Le leader chinois des équipements de télécommunications a subi un nouveau revers aux Etats-Unis. Huawei a dû renoncer à acquérir des brevets appartenant à 3Leaf Systems. Le groupe avait négocié l'achat de technologies de cette entreprise spécialisée dans l'optimisation de mise en réseau d'ordinateurs, pour 2 millions de dollars (1,5 million d'euros), sans soumettre l'accord à l'autorité américaine chargée d'examiner l'implication des prises de participation étrangères sur la sécurité nationale.
S'étant saisi lui-même du dossier, le Comité sur les investissements étrangers aux Etats-Unis (CFIUS) a rendu un avis défavorable, s'inquiétant des liens de Huawei avec le gouvernement chinois et lui suggérant de faire marche arrière de sa propre initiative. L'entreprise a d'abord persisté, avant de se rétracter, vendredi 18 février, pour éviter la désapprobation du président américain.
Un temps perçu comme un simple copieur, Huawei s'est imposé comme un concurrent sérieux de Cisco Systems, après avoir devancé Alcatel-Lucent et Nokia-Siemens. Présente dans le monde entier, l'entreprise a fait la démonstration de ses capacités d'innovation propres depuis ses bureaux de recherche de Shenzhen. Elle commercialise dans les pays occidentaux des téléphones portables équipés d'Android, le logiciel pour mobile de Google.
Les soupçons de proximité avec le gouvernement de Pékin lui ont déjà valu un échec aux Etats-Unis en 2008, quand Huawei tentait, aux côtés du fonds d'investissement Bain Capital, d'investir 2,2 milliards de dollars dans 3Com, un fournisseur de routeurs pour l'accès à Internet.
Cette fois encore, l'histoire de son fondateur, Ren Zhengfei, ex-officier de l'Armée populaire de libération, membre du Parti communiste chinois et de son Congrès national, s'est retournée contre ses projets en Amérique. Dans une lettre au secrétaire au commerce, Gary Locke, les sénateurs Jim Webb et Jon Kyl s'inquiétaient, le 11 février, des liens de M. Ren avec l'armée chinoise et des contrats passés par Huawei avec Saddam Hussein, les talibans et les Gardiens de la révolution en Iran.
Lignes de crédit généreuses
Pour preuve de son indépendance, Huawei répète que son capital est détenu à 100 % par ses salariés. L'entreprise n'étant pas cotée en Bourse, elle n'est pas soumise aux mêmes exigences de transparence financière que ses concurrents.

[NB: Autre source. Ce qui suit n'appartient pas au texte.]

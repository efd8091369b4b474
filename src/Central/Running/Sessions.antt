-- ===== src/Central/Running/Sessions.antt =====
-- The handlers of internal/transport/sessions.go and the callbacks of cmd/central/main.go, over the
-- invariant of internal/session/session.go.
use dc_streaming_p2p.Base.{
  ℕ, Bool, true, Option, none, some, List, [], ◌∷◌, Text, inl, inr, ◌≡◌, refl, sym, subst,
  Bool-cases,
}
use dc_streaming_p2p.Base.Strings.{is_empty, same}
use dc_streaming_p2p.Session.Record.{State, MediaPath, Session, Result, ok, err, unknown, closed}
use dc_streaming_p2p.Session.Store
use dc_streaming_p2p.Session.Store.{Store, retained_per_live}
use dc_streaming_p2p.Session.Ops.{open_session, get, report, close_peer}
use dc_streaming_p2p.Session.Opening.{Sound, Fresh}
use dc_streaming_p2p.Session.Reporting.{get-Sound, report-Sound}
use dc_streaming_p2p.Session.Closing.{close_peer-Sound}
use dc_streaming_p2p.Session.History.{Step-Sound, opens}
use dc_streaming_p2p.Transport.Http
use dc_streaming_p2p.Transport.Http.{Method}
use dc_streaming_p2p.Transport.Sessions.{
  open_handler, answer_open, session_handler, session_method, answer_get, answer_report,
  report_handler, report_body, report_parsed, reportable_state, reportable_path,
}
use dc_streaming_p2p.Central.{other_in, other_peer}
use dc_streaming_p2p.Central.Sweep.{close_each}

module _ (settings : Store.Settings) where
  answer_open-store : (r : Store × Result Session) → (answer_open r).0 ≡ r.0
  answer_open-store (s, ok opened) = refl
  answer_open-store (s, err e) = refl

  answer_get-store : (r : Store × Result Session) → (answer_get r).0 ≡ r.0
  answer_get-store (s, ok found) = refl
  answer_get-store (s, err e) = refl

  answer_report-store : (told : Bool) (r : Store × Result Session) → (answer_report told r).0 ≡ r.0
  answer_report-store told (s, ok moved) = refl
  answer_report-store told (s, err e) = refl

  pub open_handler-Sound :
      (look_up : Text → Bool) (fresh : Option Text) (peer : Text) (body : Option Text) (now : ℕ)
      (s : Store)
      → Fresh fresh s
      → Sound settings s
      → Sound settings (open_handler (some look_up) fresh peer body now s).0
  unfolding open_handler
  open_handler-Sound look_up fresh peer none now s f o = elim (Bool-cases (is_empty peer)) [
    | inl blank ↦ rw blank o
    | inr given ↦ rw given o
  ]
  open_handler-Sound look_up fresh peer (some callee) now s f o =
      let opened : Sound settings (answer_open (open_session fresh peer callee now s)).0 =
        subst (Sound settings) (sym (answer_open-store (open_session fresh peer callee now s)))
          (Step-Sound settings (opens fresh peer callee now f) o) in
      elim (Bool-cases (is_empty peer)) [
        | inl blank ↦ rw blank o
        | inr given ↦ elim (Bool-cases (is_empty callee)) [
          | inl nobody ↦ rw (given, nobody) o
          | inr somebody ↦ elim (Bool-cases (same callee peer)) [
            | inl itself ↦ rw (given, somebody, itself) o
            | inr another ↦ elim (Bool-cases (look_up callee)) [
              | inl there ↦ rw (given, somebody, another, there) opened
              | inr gone ↦ rw (given, somebody, another, gone) o
            ]
          ]
        ]
      ]

  report-answered-Sound :
      (id peer : Text) (to : State) (path : MediaPath) (now : ℕ) (s : Store)
      → Sound settings s
      → Sound settings (answer_report true (report id peer to path now s)).0
  report-answered-Sound id peer to path now s o =
      subst (Sound settings) (sym (answer_report-store true (report id peer to path now s)))
        (report-Sound settings id peer to path now s o)

  session_method-Sound :
      (method : Method) (id peer : Text) (now : ℕ) (s : Store)
      → Sound settings s
      → Sound settings (session_method true method id peer now s).0
  session_method-Sound Http.get id peer now s o =
      subst (Sound settings) (sym (answer_get-store (get id peer now s)))
        (get-Sound settings id peer now s o)
  session_method-Sound Http.delete id peer now s o =
      report-answered-Sound id peer closed unknown now s o
  session_method-Sound Http.post id peer now s o = o
  session_method-Sound Http.unlisted id peer now s o = o

  pub session_handler-Sound :
      (method : Method) (id peer : Text) (now : ℕ) (s : Store)
      → Sound settings s
      → Sound settings (session_handler true method id peer now s).0
  unfolding session_handler
  session_handler-Sound method id peer now s o = elim (Bool-cases (is_empty peer)) [
    | inl blank ↦ rw blank o
    | inr given ↦ rw given (session_method-Sound method id peer now s o)
  ]

  report_parsed-Sound :
      (state : Option State) (path : Option MediaPath) (id peer : Text) (now : ℕ) (s : Store)
      → Sound settings s
      → Sound settings (report_parsed true state path id peer now s).0
  report_parsed-Sound none path id peer now s o = o
  report_parsed-Sound (some state) none id peer now s o = o
  report_parsed-Sound (some state) (some path) id peer now s o =
      report-answered-Sound id peer state path now s o

  report_body-Sound :
      (body : Option (Text × Text)) (id peer : Text) (now : ℕ) (s : Store)
      → Sound settings s
      → Sound settings (report_body true body id peer now s).0
  report_body-Sound none id peer now s o = o
  report_body-Sound (some (state, path)) id peer now s o =
      report_parsed-Sound (reportable_state state) (reportable_path path) id peer now s o

  pub report_handler-Sound :
      (body : Option (Text × Text)) (id peer : Text) (now : ℕ) (s : Store)
      → Sound settings s
      → Sound settings (report_handler true body id peer now s).0
  unfolding report_handler
  report_handler-Sound body id peer now s o = elim (Bool-cases (is_empty peer)) [
    | inl blank ↦ rw blank o
    | inr given ↦ rw given (report_body-Sound body id peer now s o)
  ]

  other_in-Sound :
      (peer : Text) (r : Store × Result Session)
      → Sound settings r.0
      → Sound settings (other_in peer r).0
  other_in-Sound peer (s, ok h) o = o
  other_in-Sound peer (s, err e) o = o

  pub other_peer-Sound :
      (now : ℕ) (id peer : Text) (s : Store)
      → Sound settings s
      → Sound settings (other_peer now id peer s).0
  unfolding other_peer
  other_peer-Sound now id peer s o =
      other_in-Sound peer (get id peer now s) (get-Sound settings id peer now s o)

  pub close_each-Sound :
      (clock : Text → ℕ) (peers : List Text) (s : Store)
      → Sound settings s
      → Sound settings (close_each clock peers s).0
  unfolding close_each
  close_each-Sound clock [] s o = o
  close_each-Sound clock (peer ∷ peers) s o =
      close_each-Sound clock peers (close_peer peer (clock peer) s).0
        (close_peer-Sound settings peer (clock peer) s o)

Huawei, comme son concurrent chinois ZTE, est aussi dans le collimateur de la Commission européenne, qui dispose de preuves des généreuses lignes de crédit que leur accordent les banques publiques chinoises, selon un rapport dévoilé à la presse début février. Huawei aurait ainsi bénéficié de 30 milliards de dollars de la Banque chinoise de développement. Le groupe s'est défendu en répondant que ce soutien était destiné à ses clients et non à lui-même.
" Huawei est en avance sur le peloton, et son lien avec la Chine le tire presque plus vers le bas, en termes de perception, qu'il ne l'aide par les financements à l'exportation et autres soutiens ", analyse Duncan Clark, président de BDA, un cabinet de consultants spécialiste des nouvelles technologies installé à Pékin.
Le champion chinois des nouvelles technologies aura bientôt l'occasion d'évaluer à nouveau cet équilibre. Huawei a proposé d'offrir un réseau de téléphonie mobile d'une valeur de 50 millions de livres sterling (59 millions d'euros) pour les souterrains du métro londonien afin que ses passagers puissent téléphoner depuis les rames, dans un délai record avant les Jeux olympiques de 2012, révèle le journal Sunday Times. Un accord pourrait être signé début avril, mais l'offre est déjà confrontée à l'opposition de parlementaires conservateurs, arguant d'un risque potentiel pour la sécurité nationale.